In a randomized phase 2 clinical trial at a median follow-up of 18.6 months, median event-free survival was 19.7 months in the group given neoadjuvant dabrafenib and trametinib, followed by surgery, and then additional treatment with these drugs compared with 2.9 months in the group who received these same medications only after surgery (standard of care adjuvant treatment).⁷ Because of this large difference between the two groups, continued enrollment in the standard of care group was not advised, and the trial was stopped. Another advantage of neoadjuvant targeted therapy is that treatment may reduce the tumor size so that a patient who was originally not eligible for surgery is now able to undergo surgery.³

Future Directions of Neoadjuvant Research

Dr. Amaria stated that although we have made a lot of progress in the last 8-10 years with the use of neoadjuvant treatment, several challenges and unanswered questions remain. The optimal combinations of treatments, timing of administration, and how long they should be given have not been clearly established.³ The small numbers of patients studied in trials and the short follow-up can also limit interpretation.³ According to Dr. Amaria, biomarkers that could be used to select treatment or predict response to treatment are mostly for research at this time and are not yet ready for use in everyday clinical practice.
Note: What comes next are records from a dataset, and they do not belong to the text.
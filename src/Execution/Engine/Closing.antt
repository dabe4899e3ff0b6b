-- ===== src/Execution/Engine/Closing.antt =====
-- services/execution/execution_engine.py: `eod_square_off` and `activate_kill_switch`, and what is done when
-- the engine starts or reconciles again. The ledger's positions have symbols of their own, so that a
-- position is closed when the ledger has none of its symbol.
use apex_trader.Base.{
  ℕ, ◌+◌, String, Bool, true, false, ◌&&◌, Option, none, some, List, [], ◌∷◌, ◌++◌, any, length,
  if◌then◌else◌,
}
use apex_trader.Base.Floats.{FloatOps, ◌-F◌, ◌*F◌, ◌/F◌, ◌<F◌, num}
use apex_trader.Base.CaseMap.{CaseMap}
use apex_trader.Config.{Settings, is_live, is_shadow}
use apex_trader.Cache.{Redis}
use apex_trader.Control.Halt.{is_reconciliation_degraded}
use apex_trader.Portfolio.Models.{PositionView}
use apex_trader.Portfolio.Manager.{Manager, ExitResult, find_position, record_exit}
use apex_trader.Trades.Repository.{TradeRecord, TradeStatus, get_open_by_symbol}
use apex_trader.Execution.IdempotencyStore.{ClaimServer, seed_order_id}
use apex_trader.Execution.Orders.{OrderResult, Message, has_fill}
use apex_trader.Execution.World.{Result, ok, raised, Broker, Outside, Market, BrokerPosition}
use apex_trader.Execution.Run.{Run, ◌>>=◌, ◌>>◌, pure, raise, modify, gets, ask, call, outcome}
use apex_trader.Execution.Reconciliation.{Reconciled, reconcile_on_startup}
use apex_trader.Execution.Engine.Records.{flags_of, shut_portfolio, persist_portfolio, update_trade}
use apex_trader.Execution.Engine.Entry.{
  is_unresolved, found_rows, read_open_trades, claims_of, with_claims,
}
use apex_trader.Execution.Engine.Selling.{place_exit}

pub data Trouble (F : Type 0) : Type 0 where
  not_exited : String → Message F → Trouble F
  failed : String → String → Trouble F
  unresolved_orders : Trouble F
  unverified : String → Trouble F

pub record SquareOff (F : Type 0) : Type 0 where
  pub is_ok : Bool
  pub accounted : ℕ
  pub remaining : List (BrokerPosition F)
  pub errors : List (Trouble F)

-- What the broker is left with, and the errors of asking it.
pub record Closure (F : Type 0) : Type 0 where
  pub remaining : List (BrokerPosition F)
  pub errors : List (Trouble F)

abbrev pub is_empty : {A : Type 0} → List A → Bool
is_empty [] = true
is_empty (x ∷ xs) = false

module _ {F : Type 0} where
  abbrev pub troubles : String → Result (List (Trouble F)) → List (Trouble F)
  troubles symbol (ok ts) = ts
  troubles symbol (raised e) = Trouble.failed symbol e ∷ []

  abbrev pub closure_of : List (Trouble F) → Result (List (BrokerPosition F)) → Closure F
  closure_of errors (ok positions) = record { remaining = positions; errors = errors }
  closure_of errors (raised e) = record {
    remaining = [];
    errors = errors ++ Trouble.unverified e ∷ [];
  }

  abbrev pub unresolved_trouble : List (TradeRecord F) → List (Trouble F)
  unresolved_trouble rows =
      if any (λ row. is_unresolved row.status) rows then Trouble.unresolved_orders ∷ [] else []

module _ {F : Type 0} ⦃o : FloatOps F⦄ where
  -- The profit of a part of a position, its costs taken off.
  abbrev pub net_pnl : Settings F → F → F → F → F
  net_pnl cfg price entry qty =
      (price -F entry) *F qty -F entry *F qty *F cfg.estimated_round_trip_cost_bps /F num 10000

  abbrev pub price_or : Option F → F → F
  price_or none d = d
  price_or (some p) d = p

  -- An exit that can be booked.
  abbrev pub is_bookable : OrderResult F → Bool
  is_bookable r = has_fill r.status && (num 0 <F r.filled_qty) && (num 0 <F r.avg_price)

module _ {F B W : Type 0} ⦃o : FloatOps F⦄ ⦃u : CaseMap⦄ ⦃x : Outside W⦄ where
  abbrev pub booked : Manager F × ExitResult → Run F B W (Unit {0})
  booked (m, ExitResult.bad_quantity) =
      raise "Exit quantity must be positive and no larger than position"
  booked (m, ExitResult.returned r) = modify (λ w. record w { portfolio = m })

  -- The portfolio's `record_exit`, with the answers of its repository.
  unfoldable pub book_exit_of : String → F → F → F → Run F B W (Unit {0})
  book_exit_of symbol price pnl qty = do
    closed ← ask x.closes
    saved ← ask x.saves
    m ← gets (λ w. w.portfolio)
    booked (record_exit symbol price pnl (some qty) closed saved m)

  unfoldable pub read_open_by_symbol : String → Run F B W (Option (TradeRecord F))
  read_open_by_symbol symbol = do
    session ← ask x.session
    rows ← gets (λ w. w.trades)
    found_rows (get_open_by_symbol session symbol rows)

  abbrev pub closed_row :
      Settings F → F → String → Option (Message F) → Option (TradeRecord F) → Run F B W (Unit {0})
  closed_row cfg price reason message none = pure tt
  closed_row cfg price reason message (some row) = update_trade cfg row.client_order_id (record {
    status = TradeStatus.closed;
    entry_price = none;
    exit_price = some price;
    exit_reason = some reason;
    broker_order_id = none;
    stop_order_id = none;
    message = message;
  })

  -- The row is closed if the position is.
  abbrev pub close_rows :
      Settings F → String → String → F → Option (PositionView F) → Run F B W (Unit {0})
  close_rows cfg reason symbol price (some p) = pure tt
  close_rows cfg reason symbol price none = do
    row ← read_open_by_symbol symbol
    closed_row cfg price reason none row

  -- An exit's fill in the ledger and in the trades.
  unfoldable pub account_fill :
      Settings F → String → PositionView F → OrderResult F → Run F B W (Unit {0})
  account_fill cfg reason pos result = do
    book_exit_of pos.symbol result.avg_price
        (net_pnl cfg result.avg_price pos.entry result.filled_qty) result.filled_qty
    left ← gets (λ w. find_position (u.upper pos.symbol) w.portfolio.state.positions)
    close_rows cfg reason pos.symbol result.avg_price left

  module _ ⦃b : Broker F B⦄ ⦃r : Redis W⦄ ⦃k : Market F W⦄ where
    unfoldable pub fetch_price : String → Run F B W (Option F)
    fetch_price symbol w = (
      (k.last_price symbol w.outside).0,
      record w { outside = (k.last_price symbol w.outside).1 },
    )

    -- One position: no trouble means that its exit is accounted for.
    unfoldable pub square_off_one :
        Settings F → String → PositionView F → Run F B W (List (Trouble F))
    square_off_one cfg reason pos = do
      price ← fetch_price pos.symbol
      result ← place_exit cfg pos.symbol pos.qty "exit" (price_or price pos.entry)
      if is_bookable result
          then (do account_fill cfg reason pos result; pure [])
          else pure (Trouble.not_exited pos.symbol result.message ∷ [])

    -- The loop over the positions, with what is accounted for.
    unfoldable pub square_off_all :
        Settings F → String → List (PositionView F) → Run F B W (ℕ × List (Trouble F))
    square_off_all cfg reason [] = pure (0, [])
    square_off_all cfg reason (p ∷ ps) = do
      answer ← outcome (square_off_one cfg reason p)
      rest ← square_off_all cfg reason ps
      let here = troubles p.symbol answer
      pure ((if is_empty here then 1 else 0) + rest.0, here ++ rest.1)

    -- In live mode the broker has to confirm.
    unfoldable pub verify_closure : Settings F → Run F B W (Closure F)
    verify_closure cfg =
        if is_live cfg.trading_mode
        then (do
          rows ← read_open_trades
          answer ← outcome (call b.fetch_open_positions)
          pure (closure_of (unresolved_trouble rows) answer))
        else pure (record { remaining = []; errors = [] })

    unfoldable pub verdict : ℕ → List (Trouble F) → Closure F → Run F B W (SquareOff F)
    verdict accounted errors closure = do
      held ← gets (λ w. w.portfolio.state.positions)
      if is_empty (errors ++ closure.errors) && is_empty closure.remaining && is_empty held
          then pure (record {
            is_ok = true;
            accounted = accounted;
            remaining = closure.remaining;
            errors = errors ++ closure.errors;
          })
          else (do
            modify shut_portfolio
            persist_portfolio
            pure (record {
              is_ok = false;
              accounted = accounted;
              remaining = closure.remaining;
              errors = errors ++ closure.errors;
            }))

    -- `eod_square_off`
    unfoldable pub eod_square_off : Settings F → String → Run F B W (SquareOff F)
    eod_square_off cfg reason = do
      held ← gets (λ w. w.portfolio.state.positions)
      done ← square_off_all cfg reason held
      closure ← verify_closure cfg
      verdict done.0 done.1 closure

    -- `activate_kill_switch`
    unfoldable pub activate_kill_switch : Settings F → Run F B W (SquareOff F)
    activate_kill_switch cfg = do
      modify shut_portfolio
      persist_portfolio
      eod_square_off cfg "kill_switch_flatten"

    module _ ⦃s : ClaimServer W⦄ where
      unfoldable pub seed_rows : Settings F → List (TradeRecord F) → Run F B W (Unit {0})
      seed_rows cfg [] = pure tt
      seed_rows cfg (row ∷ rows) = do
        modify (λ w.
            with_claims
              (seed_order_id cfg.idempotency_bucket_minutes row.client_order_id (claims_of w)) w)
        seed_rows cfg rows

      -- `connect` of the engine.
      unfoldable pub connect : Settings F → Run F B W Bool
      connect cfg = if is_shadow cfg.trading_mode then pure true else call b.connect

      -- `recover`, with the report less the mode.
      unfoldable pub recover : Settings F → Run F B W (ℕ × Bool × Reconciled)
      recover cfg = do
        rows ← read_open_trades
        seed_rows cfg rows
        connected ← connect cfg
        report ← reconcile_on_startup cfg
        pure (length rows, connected, report)

    -- `retry_reconciliation`; nothing is reported where it is skipped.
    unfoldable pub retry_reconciliation : Settings F → Run F B W (Option Reconciled)
    retry_reconciliation cfg = do
      degraded ← gets (λ w. is_reconciliation_degraded (flags_of w))
      if degraded then (do report ← reconcile_on_startup cfg; pure (some report)) else pure none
These unanswered questions underscore the importance of clinical trials. Dr. Amaria also explained that neoadjuvant clinical trials generate a lot of data in a short amount of time, which allows the drug development process to move more quickly, identifying new drugs and combination therapies to be tested in more patients in a shorter timeframe.

“Neoadjuvant therapy can be an aggressive treatment, and patients who are considering neoadjuvant treatment should ask their doctor about expected side effects and how many doses they will receive,” stated Dr. Amaria. “However, if they respond well, neoadjuvant treatment plus surgery may be all they need.”